▶ [DIRECTIONS]:
Produce an exact copy of the lines below, starting at the first and ending with the line containing "no_limit code h (inl".

Records from a collection
^^^^

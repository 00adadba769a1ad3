-- ===== src/Feishu/Delivery/Laws.antt =====
-- Laws of `deliver_with_retry`, app/services/feishu_delivery.py.
use maoxx_os.Prelude.{
  ℕ, zero, suc, ◌+◌, ◌-◌, ◌*◌, ◌^◌, ◌≤◌, ◌<◌, ◌≡◌, ◌≢◌, String, ◌⊎◌, refl, sym, Bool, true, false,
  Option, some, none, ok, elem, nat_eq, ltb, arith, Bool-cases, inl, inr, Time, ◌==◌, ==→≡, ≡→==,
  subst,
}
use native.Mathlib.Nat.{pow-succ'}
use maoxx_os.Feishu.Delivery.{
  Sending, transport, broken, success, refused, DeliveryResult, transient_response_codes,
  undelivered, ends, again, judge, pause, deliver_from, deliver_with_retry,
}

-- The two codes of a rate limit.
abbrev pub IsLimit : ℕ → Type 0
IsLimit code = (code ≡ 99991400) ⊎ (code ≡ 99991663)

elem-IsLimit : (code : ℕ) → elem code transient_response_codes ≡ true → IsLimit code
unfolding elem
elem-IsLimit code h = elim (Bool-cases (code == 99991400)) [
  | inl first ↦ inl (==→≡ code 99991400 first)
  | inr other ↦ inr (==→≡ code 99991663 (ground arith))
]

no_limit : (code : ℕ) → elem code transient_response_codes ≡ false → IsLimit code → ⊥
unfolding elem
no_limit code h (inl first) = let equal = ≡→== code 99991400 first in ground arith
no_limit code h (inr second) = let equal = ≡→== code 99991663 second in ground arith

-- What is worth another attempt.
abbrev pub IsTransient : Sending → Type 0
IsTransient s = (s ≡ transport) ⊎ ((code : ℕ) × (s ≡ refused code) × IsLimit code)

-- What a result says of the call that it ends with: whether it was sent, by which message, and why not.
abbrev pub Tells : DeliveryResult → Sending → Type 0
Tells r transport =
    (r.sent ≡ false) × (r.message_id ≡ none) × (r.failure_reason ≡ some "transport_error")
Tells r broken = ⊥
Tells r (success m) = (r.sent ≡ true) × (r.message_id ≡ m) × (r.failure_reason ≡ none)
Tells r (refused code) =
    (r.sent ≡ false)
    × (r.message_id ≡ none)
    × (IsLimit code → r.failure_reason ≡ some "rate_limited")
    × ((IsLimit code → ⊥) → r.failure_reason ≡ some "permanent_error")

-- The loop ends with a call that is worth another attempt only where it is the last one.
abbrev pub EndsAt : ℕ → ℕ → Sending → Type 0
EndsAt attempts most s = IsTransient s → attempts ≡ most

data Judged (final : Bool) (attempt : ℕ) (s : Sending) : Type 0 where
  ended :
      (r : DeliveryResult)
      → judge final attempt s ≡ ends r
      → r.attempts ≡ attempt
      → Tells r s
      → (IsTransient s → final ≡ true)
      → Judged final attempt s
  repeated : judge final attempt s ≡ again → IsTransient s → Judged final attempt s

not_transient : (m : Option String) → IsTransient (success m) → ⊥
not_transient m (inl h) = cc
not_transient m (inr (code, h, _)) = cc

permanent_lem : (code : ℕ) → (IsLimit code → ⊥) → IsTransient (refused code) → ⊥
permanent_lem code h (inl t) = cc
permanent_lem code h (inr (other, same, listed)) =
    let same_code : code ≡ other = cc in h (rw same_code listed)

judged : (final : Bool) (attempt : ℕ) (s : Sending) → s ≢ broken → Judged final attempt s
unfolding judge
judged true attempt transport h =
    ended (undelivered attempt "transport_error") refl refl (refl, refl, refl) (λ _. refl)
judged false attempt transport h = repeated refl (inl refl)
judged final attempt broken h = absurd (h refl)
judged final attempt (success m) h =
    ended _ refl refl (refl, refl, refl) (λ t. absurd (not_transient m t))
judged final attempt (refused code) h = elim (Bool-cases (elem code transient_response_codes)) [
  | inr permanent ↦
      ended (undelivered attempt "permanent_error") (ground arith) refl
        (refl, refl, λ l. absurd (no_limit code permanent l), λ _. refl)
        (λ t. absurd (permanent_lem code (no_limit code permanent) t))
  | inl limited ↦ elim (Bool-cases final) [
    | inl last ↦
        ended (undelivered attempt "rate_limited") (ground arith) refl
          (refl, refl, λ _. refl, λ n. absurd (n (elem-IsLimit code limited))) (λ _. last)
    | inr more ↦ repeated (ground arith) (inr (code, refl, elem-IsLimit code limited))
  ]
]

never_again : (attempt : ℕ) (s : Sending) → judge true attempt s ≢ again
unfolding judge
never_again attempt transport h = cc
never_again attempt broken h = cc
never_again attempt (success m) h = cc
never_again attempt (refused code) h = ground arith

before : (n : ℕ) → suc n - 1 ≡ n
before n = omega arith

module _ (send_once : ℕ → Sending) (backoff : ℕ) (jitter : ℕ → ℕ) where
  -- The result of the attempts from `suc n` on, of which `left` more may follow.
  pub record Delivered (n left : ℕ) (r : DeliveryResult) (slept : Time) : Type 0 where
    pub from : suc n ≤ r.attempts
    pub most : r.attempts ≤ suc n + left
    pub tells : Tells r (send_once r.attempts)
    pub ends_at : EndsAt r.attempts (suc n + left) (send_once r.attempts)
    pub transient_before : (i : ℕ) → suc n ≤ i → i < r.attempts → IsTransient (send_once i)
    pub slept_most : slept + 2 * (backoff * 2 ^ n) ≤ 2 * (backoff * 2 ^ (r.attempts - 1))

  module _ (sends : (i : ℕ) → send_once i ≢ broken)
      (drawn : (i : ℕ) → jitter i ≤ backoff * 2 ^ (i - 1)) where
    abbrev Outcome : ℕ → ℕ → Type 0
    Outcome n left =
        (r : DeliveryResult) × (slept : Time) × (deliver_from send_once backoff jitter left (suc n)
          ≡ ok (r, slept))
        × Delivered n left r slept

    at_end :
        (n left : ℕ) (r : DeliveryResult)
        → r.attempts ≡ suc n
        → Tells r (send_once (suc n))
        → (IsTransient (send_once (suc n)) → left ≡ 0)
        → Delivered n left r 0
    at_end n left r at tells last = record {
      from = omega (arith, at);
      most = omega (arith, at);
      tells = rw at tells;
      ends_at =
          let last_at : IsTransient (send_once r.attempts) → left ≡ 0 = rw at last in
          λ t. omega (arith, at, last_at t);
      transient_before = λ i low high. absurd (omega (arith, at, low, high));
      slept_most = rw (at, before n) (omega arith);
    }

    doubles : (n : ℕ) → backoff * 2 ^ suc n ≡ 2 * (backoff * 2 ^ n)
    doubles n = rw (pow-succ' 2 n) (omega arith)

    once_more :
        (n left : ℕ) (r : DeliveryResult) (slept : Time)
        → IsTransient (send_once (suc n))
        → Delivered (suc n) left r slept
        → Delivered n (suc left) r (pause backoff jitter (suc n) + slept)
    once_more n left r slept again_at d = record {
      from = omega (arith, d.from);
      most = omega (arith, d.most);
      tells = d.tells;
      ends_at = λ t. omega (arith, d.ends_at t);
      transient_before = λ i low high. elim (Bool-cases (i == suc n)) [
        | inl here ↦ subst (λ j. IsTransient (send_once j)) (sym (==→≡ i (suc n) here)) again_at
        | inr later ↦ d.transient_before i (ground arith) high
      ];
      slept_most =
          let j : jitter (suc n) ≤ backoff * 2 ^ n =
            subst (λ k. jitter (suc n) ≤ backoff * 2 ^ k) (before n) (drawn (suc n)) in
          rw (before n) (omega (arith, j, doubles n, d.slept_most));
    }

    delivers : (left n : ℕ) → Outcome n left
    unfolding deliver_from
    delivers zero n = elim (judged true (suc n) (send_once (suc n)) (sends (suc n))) [
      | ended r e at tells _ ↦ (r, 0, rw e refl, at_end n 0 r at tells (λ _. refl))
      | repeated e _ ↦ absurd (never_again (suc n) (send_once (suc n)) e)
    ]
    delivers (suc left) n = elim (judged false (suc n) (send_once (suc n)) (sends (suc n))) [
      | ended r e at tells last ↦
          (r, 0, rw e refl, at_end n (suc left) r at tells (λ t. absurd (let early = last t in cc)))
      | repeated e again_at ↦
          let (r, slept, later, d) = delivers left (suc n) in
          (
            r,
            pause backoff jitter (suc n) + slept,
            rw (e, later) refl,
            once_more n left r slept again_at d,
          )
    ]

    -- Where no call raises but for the transport, the loop returns after between one and the allowed
    -- number of attempts. Its result tells whether the last call sent the message, by which id, and
    -- why not; that call was not worth another attempt or was the last one allowed, each call before
    -- it was worth another attempt; and with a jitter of at most the delay it has slept for less than twice
    -- the backoff, doubled with each attempt.
    pub deliver_with_retry-Delivered :
        (max_attempts : ℕ)
        → 1 ≤ max_attempts
        → (r : DeliveryResult) × (slept : Time) × (deliver_with_retry send_once backoff jitter
              max_attempts
            ≡ ok (r, slept))
          × (1 ≤ r.attempts)
          × (r.attempts ≤ max_attempts)
          × Tells r (send_once r.attempts)
          × EndsAt r.attempts max_attempts (send_once r.attempts)
          × ((i : ℕ) → 1 ≤ i → i < r.attempts → IsTransient (send_once i))
          × (slept + 2 * backoff ≤ 2 * (backoff * 2 ^ (r.attempts - 1)))
    unfolding deliver_with_retry
    deliver_with_retry-Delivered max_attempts some_allowed =
        let (r, slept, h, d) = delivers (max_attempts - 1) 0 in
        let allowed : ltb max_attempts 1 ≡ false = ground arith in
        (
          r,
          slept,
          rw allowed h,
          d.from,
          omega (arith, d.most),
          d.tells,
          λ t. omega (arith, some_allowed, d.ends_at t),
          d.transient_before,
          omega (arith, d.slept_most),
        )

^^^^

▶ [OUTPUT OF THE EXERCISE]:
repository 00adadba769a1ad3
-- ===== src/Feishu/Delivery/Laws.antt =====
-- Laws of `deliver_with_retry`, app/services/feishu_delivery.py.
use maoxx_os.Prelude.{
  ℕ, zero, suc, ◌+◌, ◌-◌, ◌*◌, ◌^◌, ◌≤◌, ◌<◌, ◌≡◌, ◌≢◌, String, ◌⊎◌, refl, sym, Bool, true, false,
  Option, some, none, ok, elem, nat_eq, ltb, arith, Bool-cases, inl, inr, Time, ◌==◌, ==→≡, ≡→==,
  subst,
}
use native.Mathlib.Nat.{pow-succ'}
use maoxx_os.Feishu.Delivery.{
  Sending, transport, broken, success, refused, DeliveryResult, transient_response_codes,
  undelivered, ends, again, judge, pause, deliver_from, deliver_with_retry,
}

-- The two codes of a rate limit.
abbrev pub IsLimit : ℕ → Type 0
IsLimit code = (code ≡ 99991400) ⊎ (code ≡ 99991663)

elem-IsLimit : (code : ℕ) → elem code transient_response_codes ≡ true → IsLimit code
unfolding elem
elem-IsLimit code h = elim (Bool-cases (code == 99991400)) [
  | inl first ↦ inl (==→≡ code 99991400 first)
  | inr other ↦ inr (==→≡ code 99991663 (ground arith))
]

no_limit : (code : ℕ) → elem code transient_response_codes ≡ false → IsLimit code → ⊥
unfolding elem
no_limit code h (inl first) = let equal = ≡→== code 99991400 first in ground arith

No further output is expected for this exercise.